Collected data entries
────
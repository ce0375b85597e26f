-- ===== src/Word/Log.antt =====
-- `clz`, `ctz`: the position of the highest and of the lowest bit of a word.
use native.Mathlib.Decide.{dec_lt}
use native.Mathlib.Numerals.{add-one}
use native.Mathlib.Nat.{
  one-le-pow, pow-suc, lt-div-mul-add, div-lt_iff_lt-mul, div-eq_of_lt, mul-div_cancel_left,
}
use yalloc.Base.{
  ℕ, zero, suc, ◌+◌, ◌-◌, ◌*◌, ◌/◌, ◌%◌, ◌^◌, ◌≤◌, ◌<◌, ◌≡◌, inl, inr, refl, Bool-cases, ◌==◌,
  false, true, eq→==, ◌∙◌, ==→eq, ◌≢◌, ap, bit_and, ◌↔◌, arith,
}
use yalloc.Word.{high_bit, clz, clzl, low_bit, ctz}
use yalloc.Word.Masks.{bit_and_pred_iff}

-- `n` is the number of the highest bit of `x`.
pub record IsLog2 (x n : ℕ) : Type 0 where
  pub low : 2 ^ n ≤ x
  pub high : x < 2 ^ suc n

-- The top digit of a number below `2 * p`.
top_clear : (x p : ℕ) → 0 < p → x < p * 2 → x / p % 2 ≡ 0 → x < p
top_clear x p pos lt e =
    let small : x / p < 2 = (div-lt_iff_lt-mul {x = x} pos).1 (omega arith) in
    let none : x / p ≡ 0 = omega arith in
    omega (arith, lt-div-mul-add {a = x} pos, ap (λ q. q * p) none)

top_set : (x p : ℕ) → 0 < p → x / p % 2 ≢ 0 → p ≤ x
top_set x p pos ne = elim (dec_lt x p) [
  | yes below ↦ absurd (ne (rw (div-eq_of_lt below)))
  | no above ↦ omega arith
]

high_bit-IsLog2 : (n x : ℕ) → 0 < x → x < 2 ^ suc n → IsLog2 x (high_bit n x)
unfolding high_bit
high_bit-IsLog2 zero x pos lt = record { low = omega arith; high = lt }
high_bit-IsLog2 (suc n) x pos lt =
    let place : 1 ≤ 2 ^ suc n = one-le-pow (suc n) 2 (omega arith) in
    elim (Bool-cases (x / 2 ^ suc n % 2 == 0)) [
      | inl clear ↦ rw clear (
          high_bit-IsLog2 n x pos
            (top_clear x _ place (omega (arith, pow-suc 2 (suc n))) (==→eq _ _ clear)))
      | inr present ↦ rw present (record { low = top_set x _ place (λ e. ground arith); high = lt })
    ]

high_bit-le : (n x : ℕ) → high_bit n x ≤ n
unfolding high_bit
high_bit-le zero x = omega arith
high_bit-le (suc n) x = ground (arith, high_bit-le n x)

-- For a word of 32 bits that is not 0, `clz` counts the zeros above its highest bit.
pub clz_lem : (x : ℕ) → 0 < x → x < 2 ^ 32 → (n : ℕ) × (n ≤ 31) × (clz x ≡ 31 - n) × IsLog2 x n
unfolding clz
clz_lem x pos lt =
    let some_bit : (x == 0) ≡ false = ground arith in
    (high_bit 31 x, high_bit-le 31 x, rw some_bit, high_bit-IsLog2 31 x pos lt)

-- The same in 64 bits.
pub clzl_lem : (x : ℕ) → 0 < x → x < 2 ^ 64 → (n : ℕ) × (n ≤ 63) × (clzl x ≡ 63 - n) × IsLog2 x n
unfolding clzl
clzl_lem x pos lt =
    let some_bit : (x == 0) ≡ false = ground arith in
    (high_bit 63 x, high_bit-le 63 x, rw some_bit, high_bit-IsLog2 63 x pos lt)

-- `len & (len - 1)` is 0 just for the powers of two.
pub pow2_test : (x n : ℕ) → IsLog2 x n → (bit_and x (x - 1) ≡ 0) ↔ (x ≡ 2 ^ n)
pow2_test x n l = bit_and_pred_iff x n l.low l.high

-- From bit `n` up, the lowest bit of `2 ^ n * 2 ^ j` is `j` places away.
low_bit_of_pow2 : (f n j p x : ℕ) → j < f → p ≡ 2 ^ n → x ≡ p * 2 ^ j → low_bit f n x ≡ n + j
unfolding low_bit
low_bit_of_pow2 zero n j p x h ep ex = absurd (omega arith)
low_bit_of_pow2 (suc f) n zero p x h ep ex =
    let pos : 1 ≤ p = rw ep (one-le-pow n 2 (omega arith)) in
    let one : x / 2 ^ n ≡ 1 = rw (ex, ← ep) (mul-div_cancel_left 1 pos) in rw one (omega arith)
low_bit_of_pow2 (suc f) n (suc j) p x h ep ex =
    let pos : 1 ≤ p = rw ep (one-le-pow n 2 (omega arith)) in
    let even : x / 2 ^ n ≡ 2 ^ j * 2 =
      rw (ex, ← ep, pow-suc) (mul-div_cancel_left (2 ^ j * 2) pos) in
    let clear : (x / 2 ^ n % 2 == 0) ≡ true = rw even (eq→== _ _ (omega arith)) in
    let up : p * 2 ≡ 2 ^ (n + 1) = rw (add-one, pow-suc, ← ep) in
    let step : x ≡ p * 2 * 2 ^ j = rw (ex, pow-suc) (omega arith) in
    rw clear (low_bit_of_pow2 f (n + 1) j (p * 2) x (omega arith) up step ∙ omega arith)

-- `ctz` gives the order of a power of two.
pub ctz_of_pow2 : (k : ℕ) → k < 32 → ctz (2 ^ k) ≡ k
unfolding ctz
ctz_of_pow2 k h = low_bit_of_pow2 32 0 k 1 (2 ^ k) h refl (omega arith) ∙ omega arith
────
[WHAT NEEDS TO BE DONE] The required output is the stretch of entries above from the line containing "high_bit-IsLog2 zero x" through the line containing "high_bit-IsLog2 n x pos", reproduced exactly.

[ANSWER SPACE]
high_bit-IsLog2 zero x pos lt = record { low = omega arith; high = lt }
high_bit-IsLog2 (suc n) x pos lt =
    let place : 1 ≤ 2 ^ suc n = one-le-pow (suc n) 2 (omega arith) in
    elim (Bool-cases (x / 2 ^ suc n % 2 == 0)) [
      | inl clear ↦ rw clear (
          high_bit-IsLog2 n x pos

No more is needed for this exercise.